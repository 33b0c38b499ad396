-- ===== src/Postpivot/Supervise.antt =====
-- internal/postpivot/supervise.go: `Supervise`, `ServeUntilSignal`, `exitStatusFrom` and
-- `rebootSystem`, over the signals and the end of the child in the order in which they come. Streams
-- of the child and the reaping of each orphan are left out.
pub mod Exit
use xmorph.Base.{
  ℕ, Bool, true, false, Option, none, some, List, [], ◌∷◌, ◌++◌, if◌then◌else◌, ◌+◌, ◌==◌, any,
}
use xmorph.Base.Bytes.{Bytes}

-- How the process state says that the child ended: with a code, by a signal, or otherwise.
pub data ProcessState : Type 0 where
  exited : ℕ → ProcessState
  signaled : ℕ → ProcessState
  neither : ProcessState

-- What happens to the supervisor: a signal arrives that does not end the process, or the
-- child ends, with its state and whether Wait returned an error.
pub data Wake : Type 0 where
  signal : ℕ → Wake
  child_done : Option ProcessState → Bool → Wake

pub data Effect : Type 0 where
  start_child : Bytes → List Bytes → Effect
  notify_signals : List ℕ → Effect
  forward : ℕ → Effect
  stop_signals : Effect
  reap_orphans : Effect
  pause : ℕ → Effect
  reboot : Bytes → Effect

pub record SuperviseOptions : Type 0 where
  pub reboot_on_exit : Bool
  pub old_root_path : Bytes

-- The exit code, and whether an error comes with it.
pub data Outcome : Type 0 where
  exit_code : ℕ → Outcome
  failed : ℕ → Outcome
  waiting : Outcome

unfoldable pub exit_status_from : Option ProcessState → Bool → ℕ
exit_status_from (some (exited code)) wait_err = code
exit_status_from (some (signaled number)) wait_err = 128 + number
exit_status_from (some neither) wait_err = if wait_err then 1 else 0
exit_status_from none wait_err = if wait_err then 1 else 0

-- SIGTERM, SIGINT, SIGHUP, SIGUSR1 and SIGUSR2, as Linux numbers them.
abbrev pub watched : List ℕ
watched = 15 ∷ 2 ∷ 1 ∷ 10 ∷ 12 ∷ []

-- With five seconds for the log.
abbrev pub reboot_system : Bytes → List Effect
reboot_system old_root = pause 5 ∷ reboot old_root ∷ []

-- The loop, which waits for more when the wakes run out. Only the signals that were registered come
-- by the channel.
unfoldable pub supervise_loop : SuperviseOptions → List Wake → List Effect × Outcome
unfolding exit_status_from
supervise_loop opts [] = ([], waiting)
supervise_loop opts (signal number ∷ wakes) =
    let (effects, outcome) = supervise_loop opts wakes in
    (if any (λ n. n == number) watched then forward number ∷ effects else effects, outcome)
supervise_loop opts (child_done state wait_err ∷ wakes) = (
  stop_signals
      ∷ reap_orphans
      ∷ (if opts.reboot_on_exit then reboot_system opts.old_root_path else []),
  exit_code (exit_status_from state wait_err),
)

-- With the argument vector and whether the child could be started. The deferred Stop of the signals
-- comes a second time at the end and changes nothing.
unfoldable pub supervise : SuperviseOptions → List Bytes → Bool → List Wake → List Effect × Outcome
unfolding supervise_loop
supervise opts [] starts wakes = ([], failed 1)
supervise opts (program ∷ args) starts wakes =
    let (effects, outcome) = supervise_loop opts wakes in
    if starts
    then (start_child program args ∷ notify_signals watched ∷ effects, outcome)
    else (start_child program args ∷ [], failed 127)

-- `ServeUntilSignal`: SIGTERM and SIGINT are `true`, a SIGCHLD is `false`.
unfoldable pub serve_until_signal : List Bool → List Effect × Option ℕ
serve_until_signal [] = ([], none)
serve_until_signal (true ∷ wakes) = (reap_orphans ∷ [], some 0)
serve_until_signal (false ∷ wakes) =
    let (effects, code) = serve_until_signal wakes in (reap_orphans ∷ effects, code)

--

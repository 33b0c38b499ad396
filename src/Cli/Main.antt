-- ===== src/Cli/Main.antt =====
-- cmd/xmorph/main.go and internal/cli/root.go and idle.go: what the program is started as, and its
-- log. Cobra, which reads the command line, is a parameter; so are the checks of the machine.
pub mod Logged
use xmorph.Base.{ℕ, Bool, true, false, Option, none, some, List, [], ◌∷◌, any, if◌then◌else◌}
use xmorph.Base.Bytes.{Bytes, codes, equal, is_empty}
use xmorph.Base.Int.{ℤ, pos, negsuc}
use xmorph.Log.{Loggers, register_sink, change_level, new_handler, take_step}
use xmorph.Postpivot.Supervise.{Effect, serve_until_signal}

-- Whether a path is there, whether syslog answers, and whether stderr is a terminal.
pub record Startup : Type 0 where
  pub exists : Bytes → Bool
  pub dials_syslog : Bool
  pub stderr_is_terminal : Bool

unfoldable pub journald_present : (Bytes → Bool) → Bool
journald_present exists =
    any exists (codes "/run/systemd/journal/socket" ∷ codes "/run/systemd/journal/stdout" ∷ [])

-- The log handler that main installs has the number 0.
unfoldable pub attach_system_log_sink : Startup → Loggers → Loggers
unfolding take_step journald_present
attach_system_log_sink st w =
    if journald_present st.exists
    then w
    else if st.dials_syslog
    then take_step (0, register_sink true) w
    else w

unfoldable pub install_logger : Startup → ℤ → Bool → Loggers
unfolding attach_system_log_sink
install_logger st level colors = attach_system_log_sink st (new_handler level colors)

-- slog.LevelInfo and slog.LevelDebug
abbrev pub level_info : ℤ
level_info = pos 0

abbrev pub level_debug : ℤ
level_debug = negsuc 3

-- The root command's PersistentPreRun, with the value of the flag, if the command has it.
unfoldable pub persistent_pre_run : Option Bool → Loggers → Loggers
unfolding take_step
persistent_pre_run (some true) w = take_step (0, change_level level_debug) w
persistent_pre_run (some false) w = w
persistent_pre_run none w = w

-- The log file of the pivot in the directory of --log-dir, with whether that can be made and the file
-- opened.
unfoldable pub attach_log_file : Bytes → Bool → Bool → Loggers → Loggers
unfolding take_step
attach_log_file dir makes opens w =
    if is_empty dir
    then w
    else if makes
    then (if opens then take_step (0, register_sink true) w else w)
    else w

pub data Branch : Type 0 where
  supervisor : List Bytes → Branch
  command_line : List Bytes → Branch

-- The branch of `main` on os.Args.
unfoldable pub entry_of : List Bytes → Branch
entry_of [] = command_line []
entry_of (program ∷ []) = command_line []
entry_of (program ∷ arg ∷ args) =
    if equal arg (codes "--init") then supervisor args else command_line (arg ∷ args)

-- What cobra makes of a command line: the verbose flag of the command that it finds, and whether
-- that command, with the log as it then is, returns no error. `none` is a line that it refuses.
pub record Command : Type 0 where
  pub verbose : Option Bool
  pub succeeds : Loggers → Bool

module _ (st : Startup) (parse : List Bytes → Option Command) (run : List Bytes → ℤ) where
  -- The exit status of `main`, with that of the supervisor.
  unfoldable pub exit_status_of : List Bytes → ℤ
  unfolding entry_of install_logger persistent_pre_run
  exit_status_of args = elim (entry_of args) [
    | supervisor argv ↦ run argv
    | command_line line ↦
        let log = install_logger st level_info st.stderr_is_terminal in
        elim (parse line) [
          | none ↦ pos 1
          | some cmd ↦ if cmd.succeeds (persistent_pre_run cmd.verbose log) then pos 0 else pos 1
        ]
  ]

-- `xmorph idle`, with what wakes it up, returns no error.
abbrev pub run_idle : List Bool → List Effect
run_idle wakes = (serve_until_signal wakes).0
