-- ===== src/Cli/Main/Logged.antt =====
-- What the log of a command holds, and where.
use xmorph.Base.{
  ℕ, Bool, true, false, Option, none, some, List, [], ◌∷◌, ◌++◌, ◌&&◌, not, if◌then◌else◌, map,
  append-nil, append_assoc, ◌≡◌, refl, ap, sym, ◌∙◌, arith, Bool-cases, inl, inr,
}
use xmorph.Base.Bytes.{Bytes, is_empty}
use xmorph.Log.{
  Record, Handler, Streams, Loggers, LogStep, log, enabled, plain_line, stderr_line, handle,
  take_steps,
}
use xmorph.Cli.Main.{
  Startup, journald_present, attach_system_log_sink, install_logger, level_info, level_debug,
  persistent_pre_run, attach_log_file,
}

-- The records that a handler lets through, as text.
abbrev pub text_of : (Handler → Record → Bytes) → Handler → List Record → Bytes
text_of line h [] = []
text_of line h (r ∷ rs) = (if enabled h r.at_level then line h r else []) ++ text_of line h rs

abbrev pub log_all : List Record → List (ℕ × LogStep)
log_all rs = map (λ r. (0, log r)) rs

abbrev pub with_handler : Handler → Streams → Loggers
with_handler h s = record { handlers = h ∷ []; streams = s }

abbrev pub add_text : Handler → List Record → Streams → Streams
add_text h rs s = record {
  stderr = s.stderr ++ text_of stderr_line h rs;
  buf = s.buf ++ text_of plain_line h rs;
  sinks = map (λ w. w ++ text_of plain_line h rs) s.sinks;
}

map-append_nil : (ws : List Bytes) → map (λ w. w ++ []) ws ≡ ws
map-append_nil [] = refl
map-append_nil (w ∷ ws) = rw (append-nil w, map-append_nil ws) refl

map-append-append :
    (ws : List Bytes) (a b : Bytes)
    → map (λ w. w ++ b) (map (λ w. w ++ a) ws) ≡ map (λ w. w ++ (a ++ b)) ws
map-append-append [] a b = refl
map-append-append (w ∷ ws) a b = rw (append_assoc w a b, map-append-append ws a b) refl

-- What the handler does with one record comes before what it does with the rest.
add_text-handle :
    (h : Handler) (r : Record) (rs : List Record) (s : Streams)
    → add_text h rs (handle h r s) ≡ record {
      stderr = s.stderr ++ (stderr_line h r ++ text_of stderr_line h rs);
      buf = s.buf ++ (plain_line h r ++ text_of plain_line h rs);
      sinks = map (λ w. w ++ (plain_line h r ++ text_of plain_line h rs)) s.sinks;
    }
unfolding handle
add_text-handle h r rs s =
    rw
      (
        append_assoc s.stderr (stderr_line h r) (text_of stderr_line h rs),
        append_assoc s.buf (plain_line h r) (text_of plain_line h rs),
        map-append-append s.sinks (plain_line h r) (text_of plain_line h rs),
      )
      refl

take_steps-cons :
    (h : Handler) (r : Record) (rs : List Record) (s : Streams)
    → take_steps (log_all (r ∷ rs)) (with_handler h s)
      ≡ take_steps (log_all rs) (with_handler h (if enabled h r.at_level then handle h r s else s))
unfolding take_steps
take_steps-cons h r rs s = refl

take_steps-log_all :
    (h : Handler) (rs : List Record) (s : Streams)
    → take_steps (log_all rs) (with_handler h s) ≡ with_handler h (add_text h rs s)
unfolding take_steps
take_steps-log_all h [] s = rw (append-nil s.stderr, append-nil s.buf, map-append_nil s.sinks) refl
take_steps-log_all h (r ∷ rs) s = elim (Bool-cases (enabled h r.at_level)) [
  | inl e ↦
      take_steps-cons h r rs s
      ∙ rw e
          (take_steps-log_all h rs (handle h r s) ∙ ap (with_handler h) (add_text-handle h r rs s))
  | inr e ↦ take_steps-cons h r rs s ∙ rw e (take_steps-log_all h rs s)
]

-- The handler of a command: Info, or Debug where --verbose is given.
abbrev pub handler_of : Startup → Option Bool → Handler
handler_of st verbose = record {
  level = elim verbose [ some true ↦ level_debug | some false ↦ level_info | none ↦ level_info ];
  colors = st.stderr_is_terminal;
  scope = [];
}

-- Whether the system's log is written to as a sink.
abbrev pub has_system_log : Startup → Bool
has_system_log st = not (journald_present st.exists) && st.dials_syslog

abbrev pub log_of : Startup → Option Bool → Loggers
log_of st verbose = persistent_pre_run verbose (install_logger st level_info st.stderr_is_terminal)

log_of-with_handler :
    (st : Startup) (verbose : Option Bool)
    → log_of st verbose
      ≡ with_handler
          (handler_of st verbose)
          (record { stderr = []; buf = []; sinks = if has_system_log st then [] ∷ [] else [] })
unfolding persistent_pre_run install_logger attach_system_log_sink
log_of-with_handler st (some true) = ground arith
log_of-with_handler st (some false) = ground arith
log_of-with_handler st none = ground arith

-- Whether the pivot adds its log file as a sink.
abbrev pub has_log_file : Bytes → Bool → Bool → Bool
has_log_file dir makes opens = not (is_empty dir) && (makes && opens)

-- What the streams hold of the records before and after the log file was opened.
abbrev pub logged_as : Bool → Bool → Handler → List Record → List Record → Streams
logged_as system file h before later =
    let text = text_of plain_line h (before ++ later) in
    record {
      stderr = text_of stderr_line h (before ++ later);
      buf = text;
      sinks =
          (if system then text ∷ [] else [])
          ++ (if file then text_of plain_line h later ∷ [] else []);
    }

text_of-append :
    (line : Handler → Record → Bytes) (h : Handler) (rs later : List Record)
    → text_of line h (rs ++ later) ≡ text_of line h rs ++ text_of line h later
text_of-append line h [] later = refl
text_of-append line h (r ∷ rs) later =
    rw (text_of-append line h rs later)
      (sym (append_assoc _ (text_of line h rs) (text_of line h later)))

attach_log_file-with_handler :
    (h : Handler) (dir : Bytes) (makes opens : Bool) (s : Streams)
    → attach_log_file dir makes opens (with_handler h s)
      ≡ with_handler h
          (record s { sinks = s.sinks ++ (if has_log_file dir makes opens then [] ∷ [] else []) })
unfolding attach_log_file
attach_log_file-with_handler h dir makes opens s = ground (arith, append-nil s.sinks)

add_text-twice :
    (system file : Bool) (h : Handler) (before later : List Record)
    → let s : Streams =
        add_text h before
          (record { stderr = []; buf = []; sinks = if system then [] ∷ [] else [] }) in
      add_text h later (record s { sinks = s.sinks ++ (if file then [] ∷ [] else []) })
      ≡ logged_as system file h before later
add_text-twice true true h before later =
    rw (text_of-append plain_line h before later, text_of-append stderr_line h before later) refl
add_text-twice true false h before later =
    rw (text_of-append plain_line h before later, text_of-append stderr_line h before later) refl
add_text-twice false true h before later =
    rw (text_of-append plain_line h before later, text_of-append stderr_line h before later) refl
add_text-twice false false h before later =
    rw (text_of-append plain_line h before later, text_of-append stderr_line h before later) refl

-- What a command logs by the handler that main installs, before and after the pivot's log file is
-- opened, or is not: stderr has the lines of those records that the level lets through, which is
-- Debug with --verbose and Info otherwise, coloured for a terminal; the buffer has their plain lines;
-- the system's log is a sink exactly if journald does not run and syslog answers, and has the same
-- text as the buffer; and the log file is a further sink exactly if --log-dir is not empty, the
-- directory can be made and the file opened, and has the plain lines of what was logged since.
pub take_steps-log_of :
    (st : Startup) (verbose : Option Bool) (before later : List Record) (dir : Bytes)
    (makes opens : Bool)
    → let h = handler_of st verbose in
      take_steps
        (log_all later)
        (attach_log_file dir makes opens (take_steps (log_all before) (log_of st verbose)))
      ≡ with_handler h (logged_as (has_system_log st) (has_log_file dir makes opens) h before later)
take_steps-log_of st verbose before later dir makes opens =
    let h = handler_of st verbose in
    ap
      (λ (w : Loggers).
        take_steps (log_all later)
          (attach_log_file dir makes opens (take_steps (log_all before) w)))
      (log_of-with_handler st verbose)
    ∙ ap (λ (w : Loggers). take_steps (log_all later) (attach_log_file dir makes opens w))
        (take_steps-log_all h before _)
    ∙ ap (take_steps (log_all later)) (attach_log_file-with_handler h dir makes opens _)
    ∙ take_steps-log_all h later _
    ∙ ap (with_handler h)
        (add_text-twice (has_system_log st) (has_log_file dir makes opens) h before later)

**Work order**
Copy whichever lines above contain the string "colors".

**Response to this task**
install_logger st level colors = attach_system_log_sink st (new_handler level colors)
  colors = st.stderr_is_terminal;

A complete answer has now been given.